Tuesday, November 27, 2018

some Spring API notes

  1. Annotations in Spring are the bits of markup with a leading at symbol, kinda like decorators in TypeScript.
  2. Spring started out as an IoC container.
  3. Enterprise JavaBeans in Java are not needed for Spring and typically one does Spring without them. The EJBs are heavier, clunkier, other architecture.
  4. POJO stands for Plain Old Java Object.
  5. A template method pattern is the basic theme of an architecture implementation, defining the basic behavior of an application at a high level.
  6. You have to use Maven or Gradle to download Spring stuff.
  7. Java Database Connectivity (JDBC) is an inferior approach to Spring.
  8. Spring MVC is a web framework and Spring Data is for access to the database.
  9. @ResponseBody is for converting a message into an HTML response. If a @Controller is changed into a @RestController you do not explicitly need the @ResponseBody syntax.

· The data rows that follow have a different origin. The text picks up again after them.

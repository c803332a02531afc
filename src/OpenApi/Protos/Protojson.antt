-- ===== src/OpenApi/Protos/Protojson.antt =====
-- protojson: the documented mapping of messages to JSON, which the schemas follow.
use grpc_composition.Common.{
  ◌≡◌, ◌≢◌, ◌⊎◌, Bool, true, false, List, [], ◌∷◌, Option, none, some, Text, codes, if◌then◌else◌,
  text_eq, All, Any,
}
use grpc_composition.Host.{Host}
use grpc_composition.OpenApi.Schema.{one_of}
use grpc_composition.OpenApi.Json.{
  Json, Items, Members, boolean, integer, decimal, string, array, object, EachItem, EachMember,
}
use grpc_composition.OpenApi.Protos.{
  Kind, Protoreflect, bool_kind, enum_kind, int32_kind, sint32_kind, uint32_kind, int64_kind,
  sint64_kind, uint64_kind, sfixed32_kind, fixed32_kind, float_kind, sfixed64_kind, fixed64_kind,
  double_kind, string_kind, bytes_kind, message_kind, group_kind, unnamed_kind,
}
use grpc_composition.OpenApi.Protos.Shapes.{field_name}

pub data Form : Type 0 where
  boolean_form integer_form number_form string_form array_form object_form any_form : Form

abbrev pub has_form : Form → Json → Bool
has_form boolean_form (boolean _) = true
has_form integer_form (integer _) = true
has_form number_form (integer _) = true
has_form number_form (decimal _) = true
has_form string_form (string _) = true
has_form array_form (array _) = true
has_form object_form (object _) = true
has_form any_form _ = true
has_form _ _ = false

-- The table of the ProtoJSON format: the messages that have a form of their own. A floating-point
-- number is finite.
unfoldable pub documented_form : Text → Option Form
documented_form name =
    if text_eq name (codes "google.protobuf.Timestamp")
    then some string_form
    else if text_eq name (codes "google.protobuf.Duration")
    then some string_form
    else if text_eq name (codes "google.protobuf.StringValue")
    then some string_form
    else if text_eq name (codes "google.protobuf.BytesValue")
    then some string_form
    else if text_eq name (codes "google.protobuf.BoolValue")
    then some boolean_form
    else if text_eq name (codes "google.protobuf.Int32Value")
    then some integer_form
    else if text_eq name (codes "google.protobuf.UInt32Value")
    then some integer_form
    else if one_of name
        (codes "google.protobuf.Int64Value" ∷ codes "google.protobuf.UInt64Value" ∷ [])
    then some string_form
    else if text_eq name (codes "google.protobuf.FloatValue")
    then some number_form
    else if text_eq name (codes "google.protobuf.DoubleValue")
    then some number_form
    else if text_eq name (codes "google.protobuf.Struct")
    then some object_form
    else if text_eq name (codes "google.protobuf.Value")
    then some any_form
    else if text_eq name (codes "google.protobuf.ListValue")
    then some array_form
    else if text_eq name (codes "google.protobuf.FieldMask")
    then some string_form
    else if one_of name (codes "google.protobuf.Empty" ∷ codes "google.protobuf.Any" ∷ [])
    then some object_form
    else none

module _ {H : Host} (R : Protoreflect H) (opts : H.MarshalOptions) where
  -- No two fields of a message have one name in JSON.
  abbrev pub HasOwnNames : List R.FieldDescriptor → Type 0
  HasOwnNames [] = Unit
  HasOwnNames (fd ∷ fds) =
      All (λ other. field_name R opts other ≢ field_name R opts fd) fds × HasOwnNames fds

  module _ (Message : R.MessageDescriptor → Json → Type 0) where
    -- The form of one value of a field, by its kind; 64-bit integers are texts.
    abbrev pub ValueForm : Kind → R.FieldDescriptor → Json → Type 0
    ValueForm bool_kind fd j = has_form boolean_form j ≡ true
    ValueForm int32_kind fd j = has_form integer_form j ≡ true
    ValueForm sint32_kind fd j = has_form integer_form j ≡ true
    ValueForm sfixed32_kind fd j = has_form integer_form j ≡ true
    ValueForm uint32_kind fd j = has_form integer_form j ≡ true
    ValueForm fixed32_kind fd j = has_form integer_form j ≡ true
    ValueForm int64_kind fd j = has_form string_form j ≡ true
    ValueForm sint64_kind fd j = has_form string_form j ≡ true
    ValueForm sfixed64_kind fd j = has_form string_form j ≡ true
    ValueForm uint64_kind fd j = has_form string_form j ≡ true
    ValueForm fixed64_kind fd j = has_form string_form j ≡ true
    ValueForm float_kind fd j = has_form number_form j ≡ true
    ValueForm double_kind fd j = has_form number_form j ≡ true
    ValueForm string_kind fd j = has_form string_form j ≡ true
    ValueForm bytes_kind fd j = has_form string_form j ≡ true
    ValueForm enum_kind fd j =
        ((R.use_enum_numbers opts ≡ true) × (has_form integer_form j ≡ true))
        ⊎ ((R.use_enum_numbers opts ≡ false)
            × ((s : Text) × (j ≡ string s) × Any (λ v. v.name ≡ s) (R.enum_type fd).values))
    ValueForm message_kind fd j = Message (R.message_type fd) j
    ValueForm group_kind fd j = Message (R.message_type fd) j
    ValueForm (unnamed_kind _) fd j = Unit

    -- A map is an object, a list an array, by whether the field is a map and whether it is a list.
    abbrev pub FieldForm : Bool → Bool → R.FieldDescriptor → Json → Type 0
    FieldForm true _ fd j =
        (ms : Members) × (j ≡ object ms)
        × EachMember (λ k v. ValueForm (R.kind (R.map_value fd)) (R.map_value fd) v) ms
    FieldForm false true fd j =
        (js : Items) × (j ≡ array js) × EachItem (λ v. ValueForm (R.kind fd) fd v) js
    FieldForm false false fd j = ValueForm (R.kind fd) fd j

  -- `Encodes md j`: with these options, `j` is the JSON of a message with this descriptor, the
  -- floating-point numbers of which are finite, the enum values declared and not of
  -- google.protobuf.NullValue, with no extensions, and the unpopulated fields left out.
  pub record Protojson : Type 1 where
    pub Encodes : R.MessageDescriptor → Json → Type 0
    pub own_names : (md : R.MessageDescriptor) → HasOwnNames (R.fields md)
    pub form_lem :
        (md : R.MessageDescriptor) (j : Json) (f : Form)
        → documented_form (R.full_name md) ≡ some f
        → Encodes md j
        → has_form f j ≡ true
    pub members_lem :
        (md : R.MessageDescriptor) (j : Json)
        → documented_form (R.full_name md) ≡ none
        → Encodes md j
        → (ms : Members) × (j ≡ object ms)
          × EachMember
              (λ k v.
                Any
                  (λ fd.
                    (k ≡ field_name R opts fd)
                    × FieldForm Encodes (R.is_map fd) (R.is_list fd) fd v)
                  (R.fields md))
              ms
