-- ===== src/OpenApi/Protos/Forms.antt =====
-- The schemas of scalars and of well-known messages admit the forms that protojson gives them.
use grpc_composition.Common.{
  ◌≡◌, refl, inl, inr, Bool, true, false, List, [], ◌∷◌, map, Option, none, some, Text, codes,
  if◌then◌else◌, text_eq, Any,
}
use mathlib.Core.Bool.{false≢true}
use grpc_composition.Bind.Enums.{EnumValue}
use grpc_composition.OpenApi.Schema.{
  Schema, no_properties, typed, any_value, enum_schema, well_known_schema, absent, array_schema,
}
use grpc_composition.OpenApi.Components.{Schemas}
use grpc_composition.OpenApi.Json.{
  Json, Items, Members, no_items, item, no_members, member, null, boolean, integer, decimal, string,
  array, object, type_allows, EnumAllows, Admits, by_keywords, no_keyword, each, AdmitsEach, end,
  next, AdmitsMembers, not_object, all_members, AdmitsAll, end_of_members, next_member,
  unconstrained,
}
use grpc_composition.OpenApi.Protos.Protojson.{
  Form, has_form, documented_form, boolean_form, integer_form, number_form, string_form, array_form,
  object_form, any_form,
}

Any-map :
    (values : List EnumValue) (s : Text)
    → Any (λ (v : EnumValue). v.name ≡ s) values
    → Any (λ n. n ≡ s) (map (λ v. v.name) values)
Any-map [] s h = absurd h
Any-map (v ∷ vs) s (inl e) = inl e
Any-map (v ∷ vs) s (inr h) = inr (Any-map vs s h)

EnumAllows-names :
    (names : List Text) (s : Text) → Any (λ n. n ≡ s) names → EnumAllows names (string s)
EnumAllows-names [] s h = absurd h
EnumAllows-names (n ∷ names) s h = h

module _ (st : Schemas) where
  AdmitsAll-unconstrained : (ms : Members) → AdmitsAll st no_properties absent ms
  AdmitsAll-unconstrained no_members = end_of_members
  AdmitsAll-unconstrained (member k j ms) =
      next_member (unconstrained refl) (AdmitsAll-unconstrained ms)

  pub AdmitsMembers-unconstrained : (j : Json) → AdmitsMembers st no_properties absent j
  AdmitsMembers-unconstrained (object ms) = all_members (AdmitsAll-unconstrained ms)
  AdmitsMembers-unconstrained null = not_object refl
  AdmitsMembers-unconstrained (boolean _) = not_object refl
  AdmitsMembers-unconstrained (integer _) = not_object refl
  AdmitsMembers-unconstrained (decimal _) = not_object refl
  AdmitsMembers-unconstrained (string _) = not_object refl
  AdmitsMembers-unconstrained (array _) = not_object refl

  pub Admits-typed :
      (typ format : Text) (j : Json) → type_allows typ j ≡ true → Admits st (typed typ format) j
  Admits-typed typ format j h = by_keywords h tt no_keyword (AdmitsMembers-unconstrained j)

  pub Admits-any : (j : Json) → Admits st any_value j
  Admits-any null = Admits-typed [] [] null refl
  Admits-any (boolean b) = Admits-typed [] [] (boolean b) refl
  Admits-any (integer n) = Admits-typed [] [] (integer n) refl
  Admits-any (decimal n) = Admits-typed [] [] (decimal n) refl
  Admits-any (string s) = Admits-typed [] [] (string s) refl
  Admits-any (array js) = Admits-typed [] [] (array js) refl
  Admits-any (object ms) = Admits-typed [] [] (object ms) refl

  pub Admits-boolean :
      (format : Text) (j : Json)
      → has_form boolean_form j ≡ true
      → Admits st (typed (codes "boolean") format) j
  unfolding text_eq
  Admits-boolean format (boolean b) h = Admits-typed _ format (boolean b) refl
  Admits-boolean format _ h = absurd (false≢true h)

  pub Admits-integer :
      (format : Text) (j : Json)
      → has_form integer_form j ≡ true
      → Admits st (typed (codes "integer") format) j
  unfolding text_eq
  Admits-integer format (integer b) h = Admits-typed _ format (integer b) refl
  Admits-integer format _ h = absurd (false≢true h)

  pub Admits-number :
      (format : Text) (j : Json)
      → has_form number_form j ≡ true
      → Admits st (typed (codes "number") format) j
  unfolding text_eq
  Admits-number format (integer b) h = Admits-typed _ format (integer b) refl
  Admits-number format (decimal b) h = Admits-typed _ format (decimal b) refl
  Admits-number format _ h = absurd (false≢true h)

  pub Admits-string :
      (format : Text) (j : Json)
      → has_form string_form j ≡ true
      → Admits st (typed (codes "string") format) j
  unfolding text_eq
  Admits-string format (string b) h = Admits-typed _ format (string b) refl
  Admits-string format _ h = absurd (false≢true h)

  Admits-object :
      (j : Json) → has_form object_form j ≡ true → Admits st (typed (codes "object") []) j
  unfolding text_eq
  Admits-object (object ms) h = Admits-typed _ [] (object ms) refl
  Admits-object _ h = absurd (false≢true h)

  Admits-value : (j : Json) → has_form any_form j ≡ true → Admits st any_value j
  Admits-value j h = Admits-any j

  AdmitsEach-any : (js : Items) → AdmitsEach st any_value js
  AdmitsEach-any no_items = end
  AdmitsEach-any (item j js) = next (Admits-any j) (AdmitsEach-any js)

  Admits-array : (j : Json) → has_form array_form j ≡ true → Admits st (array_schema any_value) j
  unfolding text_eq
  Admits-array (array js) h =
      by_keywords refl tt (each (AdmitsEach-any js)) (AdmitsMembers-unconstrained (array js))
  Admits-array _ h = absurd (false≢true h)

  -- The names of the values of an enum.
  pub Admits-enum :
      (values : List EnumValue) (s : Text)
      → Any (λ (v : EnumValue). v.name ≡ s) values
      → Admits st (enum_schema (map (λ v. v.name) values)) (string s)
  unfolding text_eq
  Admits-enum values s there =
      by_keywords refl (EnumAllows-names (map (λ v. v.name) values) s (Any-map values s there))
        no_keyword (AdmitsMembers-unconstrained (string s))

  -- A schema for each message that has a form, which admits the values of this form.
  data Agree : Option Schema → Option Form → Type 0 where
    neither : Agree none none
    both :
        {s : Schema} {f : Form}
        → ((j : Json) → has_form f j ≡ true → Admits st s j)
        → Agree (some s) (some f)

  Agree-if :
      (b : Bool) (s s' : Option Schema) (f f' : Option Form)
      → Agree s f
      → Agree s' f'
      → Agree (if b then s else s') (if b then f else f')
  Agree-if true s s' f f' h k = h
  Agree-if false s s' f f' h k = k

  Agree-well_known : (name : Text) → Agree (well_known_schema name) (documented_form name)
  unfolding well_known_schema documented_form
  Agree-well_known name =
      search
        (
          Agree-if, neither, both, Admits-boolean, Admits-integer, Admits-number, Admits-string,
          Admits-object, Admits-array, Admits-value,
        )
        depth 40

  Agree-some :
      (s : Schema) (o : Option Form)
      → Agree (some s) o
      → (f : Form) × (o ≡ some f) × ((j : Json) → has_form f j ≡ true → Admits st s j)
  Agree-some s _ (both {f} h) = (f, refl, h)

  Agree-none : (o : Option Form) → Agree none o → o ≡ none
  Agree-none _ neither = refl

  -- A message with a well-known schema has a form, and one without has none.
  pub well_known_form :
      (name : Text) (s : Schema)
      → well_known_schema name ≡ some s
      → (f : Form) × (documented_form name ≡ some f)
        × ((j : Json) → has_form f j ≡ true → Admits st s j)
  well_known_form name s known =
      Agree-some s (documented_form name) (rw known at (Agree-well_known name))

  pub ordinary_form : (name : Text) → well_known_schema name ≡ none → documented_form name ≡ none
  ordinary_form name ordinary =
      Agree-none (documented_form name) (rw ordinary at (Agree-well_known name))
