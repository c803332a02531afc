-- ===== src/OpenApi/Protos/Fields.antt =====
-- The properties of a message's schema, by the names of its fields.
use grpc_composition.Common.{
  ◌≡◌, refl, ◌∙◌, ◌≢◌, inl, inr, false, List, [], ◌∷◌, some, arith, Text, if◌then◌else◌, text_eq,
  text_eq_iff, text_eq_refl, Bool-cases, All, Any,
}
use mathlib.Core.Path.{subst}
use mathlib.Core.Option.{some-injective}
use grpc_composition.Host.{Host}
use grpc_composition.OpenApi.Schema.{Schema, Properties, no_properties, property, set_property}
use grpc_composition.OpenApi.Components.{Refs, PropertiesRefs}
use grpc_composition.OpenApi.Json.{property_of}
use grpc_composition.OpenApi.Protos.{Protoreflect}
use grpc_composition.OpenApi.Protos.Shapes.{field_shape, field_name, add_shapes}
use grpc_composition.OpenApi.Protos.Protojson.{HasOwnNames}

property_of-set_property :
    (k : Text) (s : Schema) (props : Properties) (n : Text)
    → property_of n (set_property k s props) ≡ (if text_eq k n then some s else property_of n props)
unfolding set_property
property_of-set_property k s no_properties n = refl
property_of-set_property k s (property j t rest) n = elim (Bool-cases (text_eq j k)) [
  | inl e ↦ rw (set_property, e, (text_eq_iff j k).0 e) (ground arith)
  | inr e ↦
      rw (set_property, e, property_of-set_property k s rest n)
        (ground (arith, text_eq_iff j k, text_eq_iff j n, text_eq_iff k n))
]

pub PropertiesRefs-property_of :
    (P : Text → Type 0) (k : Text) (s : Schema) (props : Properties)
    → PropertiesRefs P props
    → property_of k props ≡ some s
    → Refs P s
unfolding Refs
PropertiesRefs-property_of P k s no_properties h e = cc
PropertiesRefs-property_of P k s (property n t rest) h e = elim (Bool-cases (text_eq n k)) [
  | inl hit ↦ subst (Refs P) (some-injective t s (rw hit at e)) h.0
  | inr miss ↦ PropertiesRefs-property_of P k s rest h.1 (rw miss at e)
]

module _ {H : Host} (R : Protoreflect H) (opts : H.MarshalOptions) where
  abbrev OtherName : Text → List R.FieldDescriptor → Type 0
  OtherName k fds = All (λ other. field_name R opts other ≢ k) fds

  property_of-kept :
      (k : Text) (fds : List R.FieldDescriptor) (props : Properties)
      → OtherName k fds
      → property_of k (add_shapes R opts fds props) ≡ property_of k props
  unfolding add_shapes
  property_of-kept k [] props h = refl
  property_of-kept k (fd ∷ fds) props h =
      let other : text_eq (field_name R opts fd) k ≡ false =
        ground (arith, text_eq_iff (field_name R opts fd) k, h.0) in
      property_of-kept k fds (set_property (field_name R opts fd) (field_shape R opts fd) props) h.1
      ∙ rw (property_of-set_property, other)

  -- The property of a field whose name no other field has.
  pub property_of-field :
      (fds : List R.FieldDescriptor) (props : Properties) (fd : R.FieldDescriptor)
      → HasOwnNames R opts fds
      → Any (λ f. f ≡ fd) fds
      → property_of (field_name R opts fd) (add_shapes R opts fds props)
        ≡ some (field_shape R opts fd)
  unfolding add_shapes
  property_of-field [] props fd own there = absurd there
  property_of-field (f ∷ fds) props fd own (inl e) = rw (← e) (
      property_of-kept (field_name R opts f) fds
        (set_property (field_name R opts f) (field_shape R opts f) props) own.0
      ∙ rw (property_of-set_property, text_eq_refl))
  property_of-field (f ∷ fds) props fd own (inr h) =
      property_of-field fds (set_property (field_name R opts f) (field_shape R opts f) props) fd
        own.1 h
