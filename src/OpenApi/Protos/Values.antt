-- ===== src/OpenApi/Protos/Values.antt =====
-- The JSON of fields is admitted by the schemas of the fields, when that of messages is.
use grpc_composition.Common.{
  ◌≡◌, refl, inl, inr, true, false, List, [], ◌∷◌, some, codes, Bool-cases, Any,
}
use grpc_composition.Host.{Host}
use grpc_composition.OpenApi.Schema.{absent, present, no_properties, array_schema, map_schema}
use grpc_composition.OpenApi.Components.{Schemas, Refs, PropertiesRefs, Resolves}
use grpc_composition.OpenApi.Components.Outcomes.{SchemaOk}
use grpc_composition.OpenApi.Json.{
  Json, Items, Members, no_items, item, no_members, member, array, object, EachItem, EachMember,
  property_of, Admits, AdmitsEach, end, next, AdmitsAll, end_of_members, next_member, by_property,
  by_additional,
}
use grpc_composition.OpenApi.Protos.{
  Kind, Protoreflect, enum_value_names, bool_kind, enum_kind, int32_kind, sint32_kind, uint32_kind,
  int64_kind, sint64_kind, uint64_kind, sfixed32_kind, fixed32_kind, float_kind, sfixed64_kind,
  fixed64_kind, double_kind, string_kind, bytes_kind, message_kind, group_kind, unnamed_kind,
}
use grpc_composition.OpenApi.Protos.Shapes.{
  ref_shape, kind_shape, singular_shape, field_shape, field_name, add_shapes,
}
use grpc_composition.OpenApi.Protos.Protojson.{HasOwnNames, ValueForm, FieldForm, Protojson}
use grpc_composition.OpenApi.Protos.Forms.{
  Admits-boolean, Admits-integer, Admits-number, Admits-string, Admits-any, Admits-enum,
}
use grpc_composition.OpenApi.Protos.Fields.{PropertiesRefs-property_of, property_of-field}

Any-witness :
    {A : Type 0} (P : A → Type 0) (xs : List A) → Any P xs → (x : A) × Any (λ y. y ≡ x) xs × P x
Any-witness P [] h = absurd h
Any-witness P (x ∷ xs) (inl p) = (x, inl refl, p)
Any-witness P (x ∷ xs) (inr h) = let (y, there, p) = Any-witness P xs h in (y, inr there, p)

module _ {H : Host} (R : Protoreflect H) (opts : H.MarshalOptions) where
  module _ (P : Protojson R opts) (st : Schemas) where
    -- What is shown of a value: whatever message it is the JSON of, the message's schema admits it.
    abbrev pub MessageAdmits : Json → Type 0
    MessageAdmits j =
        (md : R.MessageDescriptor)
        → SchemaOk st (ref_shape R opts md)
        → P.Encodes md j
        → Admits st (ref_shape R opts md) j

    abbrev pub FieldAdmits : Json → Type 0
    FieldAdmits j =
        (fd : R.FieldDescriptor)
        → SchemaOk st (field_shape R opts fd)
        → FieldForm R opts P.Encodes (R.is_map fd) (R.is_list fd) fd j
        → Admits st (field_shape R opts fd) j

    pub kind-Admits :
        (k : Kind) (fd : R.FieldDescriptor) (j : Json)
        → MessageAdmits j
        → SchemaOk st (kind_shape R opts k fd)
        → ValueForm R opts P.Encodes k fd j
        → Admits st (kind_shape R opts k fd) j
    unfolding enum_value_names
    kind-Admits bool_kind fd j m c h = Admits-boolean st [] j h
    kind-Admits int32_kind fd j m c h = Admits-integer st (codes "int32") j h
    kind-Admits sint32_kind fd j m c h = Admits-integer st (codes "int32") j h
    kind-Admits sfixed32_kind fd j m c h = Admits-integer st (codes "int32") j h
    kind-Admits uint32_kind fd j m c h = Admits-integer st [] j h
    kind-Admits fixed32_kind fd j m c h = Admits-integer st [] j h
    kind-Admits int64_kind fd j m c h = Admits-string st (codes "int64") j h
    kind-Admits sint64_kind fd j m c h = Admits-string st (codes "int64") j h
    kind-Admits sfixed64_kind fd j m c h = Admits-string st (codes "int64") j h
    kind-Admits uint64_kind fd j m c h = Admits-string st (codes "int64") j h
    kind-Admits fixed64_kind fd j m c h = Admits-string st (codes "int64") j h
    kind-Admits float_kind fd j m c h = Admits-number st (codes "float") j h
    kind-Admits double_kind fd j m c h = Admits-number st (codes "double") j h
    kind-Admits string_kind fd j m c h = Admits-string st [] j h
    kind-Admits bytes_kind fd j m c h = Admits-string st (codes "byte") j h
    kind-Admits enum_kind fd j m c (inl (numbers, h)) =
        rw numbers (Admits-integer st (codes "int32") j h)
    kind-Admits enum_kind fd j m c (inr (texts, (s, is, there))) =
        rw (texts, is) (Admits-enum st (R.enum_type fd).values s there)
    kind-Admits message_kind fd j m c h = m (R.message_type fd) c h
    kind-Admits group_kind fd j m c h = m (R.message_type fd) c h
    kind-Admits (unnamed_kind n) fd j m c h = Admits-any st j

    pub AdmitsAll-values :
        (fd : R.FieldDescriptor) (ms : Members)
        → EachMember (λ k j. MessageAdmits j × FieldAdmits j) ms
        → SchemaOk st (singular_shape R opts fd)
        → EachMember (λ k v. ValueForm R opts P.Encodes (R.kind fd) fd v) ms
        → AdmitsAll st no_properties (present (singular_shape R opts fd)) ms
    AdmitsAll-values fd no_members m c h = end_of_members
    AdmitsAll-values fd (member k j ms) m c h =
        next_member
          (by_additional (singular_shape R opts fd) refl (kind-Admits (R.kind fd) fd j m.0.0 c h.0))
          (AdmitsAll-values fd ms m.1 c h.1)

    pub AdmitsEach-values :
        (fd : R.FieldDescriptor) (js : Items)
        → EachItem (λ j. MessageAdmits j × FieldAdmits j) js
        → SchemaOk st (singular_shape R opts fd)
        → EachItem (λ v. ValueForm R opts P.Encodes (R.kind fd) fd v) js
        → AdmitsEach st (singular_shape R opts fd) js
    AdmitsEach-values fd no_items m c h = end
    AdmitsEach-values fd (item j js) m c h =
        next (kind-Admits (R.kind fd) fd j m.0.0 c h.0) (AdmitsEach-values fd js m.1 c h.1)

    -- The members of a message against the properties of its schema.
    pub AdmitsAll-fields :
        (fds : List R.FieldDescriptor) (ms : Members)
        → HasOwnNames R opts fds
        → EachMember (λ k j. MessageAdmits j × FieldAdmits j) ms
        → PropertiesRefs (Resolves st) (add_shapes R opts fds no_properties)
        → EachMember
            (λ k v.
              Any
                (λ fd.
                  (k ≡ field_name R opts fd)
                  × FieldForm R opts P.Encodes (R.is_map fd) (R.is_list fd) fd v)
                fds)
            ms
        → AdmitsAll st (add_shapes R opts fds no_properties) absent ms
    AdmitsAll-fields fds no_members own m c h = end_of_members
    AdmitsAll-fields fds (member k j ms) own m c h =
        let (fd, there, (named, form)) = Any-witness _ fds h.0 in
        let found : property_of k (add_shapes R opts fds no_properties)
            ≡ some (field_shape R opts fd) =
          rw named (property_of-field R opts fds no_properties fd own there) in
        next_member
          (by_property (field_shape R opts fd) found (
            m.0.1 fd
              (PropertiesRefs-property_of (Resolves st) k (field_shape R opts fd)
                (add_shapes R opts fds no_properties) c found)
              form))
          (AdmitsAll-fields fds ms own m.1 c h.1)

    -- A field's value, from its parts.
    pub field_of_values :
        (j : Json)
        → MessageAdmits j
        → ((fd : R.FieldDescriptor)
            → SchemaOk st (singular_shape R opts fd)
            → (ms : Members) → j ≡ object ms
            → EachMember (λ k v. ValueForm R opts P.Encodes (R.kind fd) fd v) ms
            → Admits st (map_schema (singular_shape R opts fd)) j)
        → ((fd : R.FieldDescriptor)
            → SchemaOk st (singular_shape R opts fd)
            → (js : Items) → j ≡ array js
            → EachItem (λ v. ValueForm R opts P.Encodes (R.kind fd) fd v) js
            → Admits st (array_schema (singular_shape R opts fd)) j)
        → FieldAdmits j
    unfolding Refs
    field_of_values j m maps lists fd c h = elim (Bool-cases (R.is_map fd)) [
      | inl e ↦
          let c' : SchemaOk st (map_schema (singular_shape R opts (R.map_value fd))) = rw e at c in
          let (ms, is, values) : FieldForm R opts P.Encodes true (R.is_list fd) fd j = rw e at h in
          rw e (maps (R.map_value fd) c'.3 ms is values)
      | inr e ↦ elim (Bool-cases (R.is_list fd)) [
        | inl l ↦
            let c' : SchemaOk st (array_schema (singular_shape R opts fd)) = rw (e, l) at c in
            let (js, is, values) : FieldForm R opts P.Encodes false true fd j = rw (e, l) at h in
            rw (e, l) (lists fd c'.1 js is values)
        | inr l ↦
            let c' : SchemaOk st (singular_shape R opts fd) = rw (e, l) at c in
            let h' : FieldForm R opts P.Encodes false false fd j = rw (e, l) at h in
            rw (e, l) (kind-Admits (R.kind fd) fd j m c' h')
      ]
    ]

  10. We need a mapping inside of a controller to map a route to a URL. Mappings have a distinction between @GetMapping and @PostMapping for example.
  11. The pom.xml file (POM being Project Object Model) is the base configuration file in a Maven project.
  12. A @PathVariable extends a URL/mapping to allow for an id to be handed in for a Get or a Delete as the last bit of a route. If you need a more specific variable with a name in the stuff after the question mark in a URL you may use a @RequestParm for such.
  13. @ExceptionHandler can return an error message.
  14. JUnit is the defaut testing framework. Spring Boot, AssertJ, and Hamcrest (anagram of matchers) are rivals. JSONPath is for walking what is in a JSON object and Mockito is for mocking.
  15. HatEoAS uses JSON with URL links in it. The Richardson Maturity Model (named for a Leonard Richardson) has HatEoAS as the best way to go, better than just REST which is in turn better than just services, not-quite-REST without concern for the HTTP (hypertext transfer protocol) verbs, which is in turn yet better than the swamp of POX (Plain Old XML).